I have a list of my tools with the serial number, I have my initiale scratched on them too. 
I have worked hard to have the stuff I own, I don't want some puke meth head stealing my things…


----------



## JoeinGa (Nov 26, 2012)

> I flood my shop with natural gas when I leave, the striker plate is made from an old file, the latch bolt is made from flint.
> 
> - bigblockyeti


THAt made me LOL !


----------



## jusfine (May 22, 2010)

We live in the country, my shop is in my barn and its about a 2 minute walk from the road which discourages thieves I hope, the house is a bit closer and we were broken into once about 5 years ago.
The police came into our yard two nights before the break-in, told us there had been a complaint, and we would have to make sure our dogs were locked up. Two days later, our house was robbed… Apparently thieves are getting smarter. Dogs were in the barn.

Back to shop security -
When I am away, inside the barn is a Rottweiler that barks and growls when anyone approaches the building (more likely to kill you by licking you and trying to get petted) but it does sound fierce.

Locked doors only keep honest people out. I agree with previous posts, get a dog, and make sure it is visible in your yard.


----------



## Gixxerjoe04 (Jan 31, 2014)

Id say a loud security system is best, once it goes off they know they better get out quick. I have a 100lb german shepherd, she's good for when I'm home along with my guns. Don't think I trust her enough if someone broke in while we are gone, I've come home during the day before I usually do and she was fast asleep haha.


----------



## MrRon (Jul 9, 2009)

If you think it is bad here, it is much worse in other countries. Imagine a place where people steal your garbage cans, wiper blades on your car and anything (and I mean anything) left outside. My brother-in-law lives in Chile and had his garbage can stolen, not once, but anytime he put the garbage out. He instead started putting his garbage in plastic trash bags and placed them outside for pickup. What he discovered next day was; someone dumped the garbage and stole the bags. I have visited there many years ago and I saw for myself how it is. I don't have a problem where I live. I live in a rural area on 8 acres and 1/4 mile off the road. My shop is locked when not in use. my son who lives next door has a shop, but it is semi open. He has 2 dogs that roam freely on our properties. We also rely on S&W for backup if needed. Thank God for the 2nd amendment.


----------



## bandit571 (Jan 20, 2011)

Around here, they will break in just to steal the guns. They like cars and vans for the CDs left in the tray.

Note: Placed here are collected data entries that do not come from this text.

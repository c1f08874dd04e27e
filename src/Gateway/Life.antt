-- ===== src/Gateway/Life.antt =====
-- `Start` and `Stop` of internal/gateway/gateway.go, with `getActiveLink`, `startDNS` and `startTun`: which
-- processes the gateway starts and stops. What it changes of the network stands in other modules.
pub mod Tidy
pub mod Stopped
mod Tests
use bypath.Base.{
  ℕ, suc, pos, String, string_eq, nat_eq, Bool, true, false, not, ◌&&◌, ◌||◌, ◌==◌, if◌then◌else◌,
  List, [], ◌∷◌, Option, none, some, select, Dict,
}
use bypath.Base.Int.{ltb_ℤ}
use bypath.Profile.{Link, Group}
use bypath.Profile.Store as Store
use bypath.Profile.Store.{set_active_link}
use bypath.Profile.Store.Dir.{Write}
use bypath.Gateway.Engines.{
  Gateway, System, start_engine_with_fallback, restart_engine_as_legacy, drop_engine,
}

-- `exec.Cmd`: there is no process until `Start` succeeds
pub data Command : Type 0 where
  unstarted : Command
  process : ℕ → Command

-- The gateway with the commands for DNS and the TUN device, whether the built-in DNS servers run, the
-- processes besides the engine that run, and the number of the next one.
pub record Life : Type 0 where
  pub gateway : Gateway
  pub dns_proc : Option Command
  pub tun_proc : Option Command
  pub dns_builtin : Bool
  pub children : List ℕ
  pub next : ℕ

-- What the system does besides: whether the network is found, the TUN device of sing-box appears, the
-- built-in DNS servers can listen; whether dns2socks and dnsmasq are found and start; whether tun2socks
-- is found, the device can be made, and it starts. The groups stand in the order of `ListGroups`.
pub record Host : Type 0 where
  pub groups : Dict Group
  pub write : Write
  pub has_network : Bool
  pub tun_appears : Bool
  pub builtin_listens : Bool
  pub has_dns2socks : Bool
  pub dns2socks_starts : Bool
  pub has_dnsmasq : Bool
  pub dnsmasq_starts : Bool
  pub has_tun2socks : Bool
  pub device_made : Bool
  pub tun2socks_starts : Bool

-- the test of `getActiveLink` for a link that is no mere notice
abbrev pub is_testable : Link → Bool
is_testable l = not (ltb_ℤ l.port (pos 10)) && not (l.address == "") && not (l.address == "0.0.0.0")

unfoldable pub first_testable : List Link → Option Link
first_testable [] = none
first_testable (l ∷ ls) = let rest = first_testable ls in if is_testable l then some l else rest

unfoldable pub first_in_groups : Dict Group → Option Link
first_in_groups [] = none
first_in_groups ((name, g) ∷ groups) = elim (first_testable g.links) [
  | none ↦ first_in_groups groups
  | some l ↦ some l
]

-- a command for which `Start` was called
abbrev pub launched : Bool → ℕ → Command
launched starts n = if starts then process n else unstarted

abbrev pub alive_with : Bool → ℕ → List ℕ → List ℕ
alive_with starts n children = if starts then n ∷ children else children

abbrev pub without : ℕ → List ℕ → List ℕ
without n children = select (λ m. not (m == n)) children

-- the DNS command of an earlier start is killed, if it has a process
unfoldable pub dropped : Option Command → Life → Life
dropped none l = l
dropped (some unstarted) l = l
dropped (some (process n)) l = record l { dns_proc = none; children = without n l.children }

unfoldable pub drop_dns : Life → Life
drop_dns l = dropped l.dns_proc l

-- a DNS command started
abbrev pub with_dns : Bool → Life → Life
with_dns starts l = record l {
  dns_proc = some (launched starts l.next);
  children = alive_with starts l.next l.children;
  next = suc l.next;
}

module _ (sys : System) (host : Host) where
  -- `getActiveLink`: the link, and the profiles, in which another one may have become active
  unfoldable pub active_link : Store.Manager → Store.Manager × Option Link
  active_link m = elim (Store.get_active_link m) [
    | some l ↦ (m, some l)
    | none ↦ elim (first_in_groups host.groups) [
      | none ↦ (m, none)
      | some l ↦ (set_active_link host.write l m, some l)
    ]
  ]

  unfoldable pub start_builtin_dns : Life → Life
  start_builtin_dns l = record l { dns_builtin = host.builtin_listens || l.dns_builtin }

  -- `startDNS`; its error is only logged
  unfoldable pub start_dns : Life → Life
  start_dns l =
      let ready = drop_dns l in
      let local = l.gateway.config.gateway.local_dns in
      if elim local [ [] ↦ false | _ ∷ _ ↦ true ]
      then start_builtin_dns ready
      else if host.has_dns2socks
      then with_dns host.dns2socks_starts ready
      else if host.has_dnsmasq
      then with_dns host.dnsmasq_starts ready
      else start_builtin_dns ready

  -- `startTun`; whether there is no error
  unfoldable pub start_tun : Life → Life × Bool
  start_tun l =
      if not host.has_tun2socks then (l, false) else if not host.device_made then (l, false) else (
        record l {
          tun_proc = some (launched host.tun2socks_starts l.next);
          children = alive_with host.tun2socks_starts l.next l.children;
          next = suc l.next;
        },
        host.tun2socks_starts,
      )

  -- the engine, and the older mode where the TUN device does not appear
  unfoldable pub start_engines : Link → Gateway → Gateway × Bool
  start_engines link gw =
      let (started, is_up) = start_engine_with_fallback sys link gw in
      if not is_up
      then (started, false)
      else if started.native_tun && not host.tun_appears
      then restart_engine_as_legacy sys link started
      else (started, true)

  -- what follows the engine: DNS and the TUN device, where sing-box does not serve them
  unfoldable pub start_services : Life → Life
  start_services l =
      let served = start_dns l in
      if l.gateway.native_tun
      then l
      else if l.gateway.config.gateway.enabled
      then (start_tun served).0
      else served

  -- the rest of `Start` behind the engine: how it was started, and whether
  unfoldable pub serve : Gateway × Bool → Life → Life × Bool
  serve (gw, true) l = (start_services (record l { gateway = gw }), true)
  serve (gw, false) l = (record l { gateway = gw }, false)

  -- the rest of `Start` for the active link, if there is one
  unfoldable pub start_for : Option Link → Gateway → Life → Life × Bool
  start_for none gw l = (record l { gateway = gw }, false)
  start_for (some link) gw l = serve (start_engines link gw) l

  -- `Start` where no chain starts by itself (`startAutoChains` is not modelled); whether there is no
  -- error
  unfoldable pub start : Life → Life × Bool
  start l =
      let (profiles, link) = active_link l.gateway.profiles in
      if host.has_network
      then start_for link (record l.gateway { profiles = profiles }) l
      else (l, false)

-- the engine is stopped; the field of a process keeps it
unfoldable pub stop_engine : Gateway → Gateway
stop_engine gw = elim gw.embedded [
  | some n ↦ record gw { embedded = none; alive = without n gw.alive }
  | none ↦ elim gw.engine_proc [ some n ↦ record gw { alive = without n gw.alive } | none ↦ gw ]
]

-- `cmd.Process.Kill()`, which panics without a process
unfoldable pub kill : Option Command → List ℕ → Option (List ℕ)
kill none children = some children
kill (some unstarted) children = none
kill (some (process n)) children = some (without n children)

-- the kills of `Stop`, in their order; none is a panic
unfoldable pub kill_both : Option Command → Option Command → List ℕ → Option (List ℕ)
kill_both tun dns children = elim (kill tun children) [ none ↦ none | some left ↦ kill dns left ]

-- `Stop`; none is a panic
unfoldable pub stop : Life → Option Life
stop l = elim (kill_both l.tun_proc l.dns_proc l.children) [
  | none ↦ none
  | some children ↦ some (record l {
    gateway = record (stop_engine l.gateway) { cancelled = true };
    dns_builtin = false;
    children = children;
  })
]
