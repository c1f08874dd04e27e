-- ===== src/Gateway/Life/Tidy.antt =====
-- What `Stop` needs: that the processes which run are those of the two commands and the engine.
use bypath.Base.{
  ℕ, nat_eq, false, ◌==◌, List, [], ◌∷◌, ◌++◌, Option, none, some, select, ◌≡◌, ◌≢◌, ◌⊎◌, inl, inr,
  refl, ap, ◌∙◌,
}
use bypath.Gateway.Engines.{Gateway}
use bypath.Gateway.Engines.Running.{IsIdle, Holds}
use bypath.Gateway.Life.{
  Life, Command, unstarted, process, without, stop_engine, kill, kill_both, stop,
}

-- A command was kept although it could not be started.
abbrev pub KeepsUnstarted : Life → Type 0
KeepsUnstarted l = (l.tun_proc ≡ some unstarted) ⊎ (l.dns_proc ≡ some unstarted)

-- How `Stop` ends.
pub data StopEnds (l : Life) : Option Life → Type 0 where
  panics : KeepsUnstarted l → StopEnds l none
  clean :
      {left : Life}
      → ¬ KeepsUnstarted l
      → left.gateway.alive ≡ []
      → left.children ≡ []
      → left.dns_builtin ≡ false
      → StopEnds l (some left)

abbrev pub pids : Option Command → List ℕ
pids none = []
pids (some unstarted) = []
pids (some (process n)) = n ∷ []

abbrev pub Apart : Option Command → Option Command → Type 0
Apart (some (process t)) (some (process d)) = (d == t) ≡ false
Apart _ _ = Unit

-- The processes besides the engine are those of the two commands.
pub record IsTidy (l : Life) : Type 0 where
  pub engine : ((n : ℕ) × Holds l.gateway n) ⊎ IsIdle l.gateway
  pub children : l.children ≡ pids l.tun_proc ++ pids l.dns_proc
  pub apart : Apart l.tun_proc l.dns_proc

without_self : (n : ℕ) → without n (n ∷ []) ≡ []
unfolding select
without_self n = rw ((nat_eq.test_iff n n).1 refl) refl

stop_engine-alive :
    (gw : Gateway) → ((n : ℕ) × Holds gw n) ⊎ IsIdle gw → (stop_engine gw).alive ≡ []
unfolding stop_engine
stop_engine-alive gw (inl (n, h)) = elim h.held [
  | inl (e, p) ↦ rw (e, stop_engine) (ap (without n) h.alive ∙ without_self n)
  | inr (e, p) ↦ rw (e, stop_engine) (rw p (ap (without n) h.alive ∙ without_self n))
]
stop_engine-alive gw (inr i) = rw (i.embedded, stop_engine) (rw i.engine_proc i.alive)

without_other : (t d : ℕ) → (d == t) ≡ false → without t (t ∷ d ∷ []) ≡ d ∷ []
unfolding select
without_other t d h = rw ((nat_eq.test_iff t t).1 refl) (rw h refl)

abbrev pub IsStarted : Option Command → Type 0
IsStarted (some unstarted) = ⊥
IsStarted _ = Unit

ne_unstarted : (c : Option Command) → IsStarted c → c ≢ some unstarted
ne_unstarted none s e = cc
ne_unstarted (some unstarted) s e = s
ne_unstarted (some (process n)) s e = cc

-- what the two kills leave
data Killed (tun dns : Option Command) : Option (List ℕ) → Type 0 where
  crash : (tun ≡ some unstarted) ⊎ (dns ≡ some unstarted) → Killed tun dns none
  gone : ¬ ((tun ≡ some unstarted) ⊎ (dns ≡ some unstarted)) → Killed tun dns (some [])

Killed-clean : (tun dns : Option Command) → IsStarted tun → IsStarted dns → Killed tun dns (some [])
Killed-clean tun dns t d =
    gone (λ e. elim e [ inl u ↦ ne_unstarted tun t u | inr u ↦ ne_unstarted dns d u ])

kill_both-Killed :
    (tun dns : Option Command)
    → Apart tun dns
    → Killed tun dns (kill_both tun dns (pids tun ++ pids dns))
unfolding kill_both kill
kill_both-Killed none none a = Killed-clean none none tt tt
kill_both-Killed none (some unstarted) a = crash (inr refl)
kill_both-Killed none (some (process d)) a =
    rw (without_self d) (Killed-clean none (some (process d)) tt tt)
kill_both-Killed (some unstarted) dns a = crash (inl refl)
kill_both-Killed (some (process t)) none a =
    rw (without_self t) (Killed-clean (some (process t)) none tt tt)
kill_both-Killed (some (process t)) (some unstarted) a = crash (inr refl)
kill_both-Killed (some (process t)) (some (process d)) a =
    rw (without_other t d a)
      (rw (without_self d) (Killed-clean (some (process t)) (some (process d)) tt tt))

stop-Killed :
    (l : Life) {r : Option (List ℕ)}
    → ((n : ℕ) × Holds l.gateway n) ⊎ IsIdle l.gateway
    → kill_both l.tun_proc l.dns_proc l.children ≡ r
    → Killed l.tun_proc l.dns_proc r
    → StopEnds l (stop l)
unfolding stop
stop-Killed l engine e (crash why) = rw (e, stop) (panics why)
stop-Killed l engine e (gone started) =
    rw (e, stop) (clean started (stop_engine-alive l.gateway engine) refl refl)

pub stop-IsTidy : (l : Life) → IsTidy l → StopEnds l (stop l)
stop-IsTidy l h =
    stop-Killed l h.engine (ap (kill_both l.tun_proc l.dns_proc) h.children)
      (kill_both-Killed l.tun_proc l.dns_proc h.apart)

Garage now has a motion senser with spotlight…...

Shop is in the basement, rather hard to find in the dark…thieves don't like things lit up…


----------



## RobS888 (May 7, 2013)

200lbs of fur.


----------



## AlaskaGuy (Jan 29, 2012)

> S&W 357mag. and a Ruger 9mm! or I let the Wife have at em!
> 
> - Andre


That's not good protection unless there is someone ALWAYS home.

In my state which is very liberal on gun laws is going to send you to jail if you shoot

someone and you life is not in danger. You can't use deadly force just for thefts.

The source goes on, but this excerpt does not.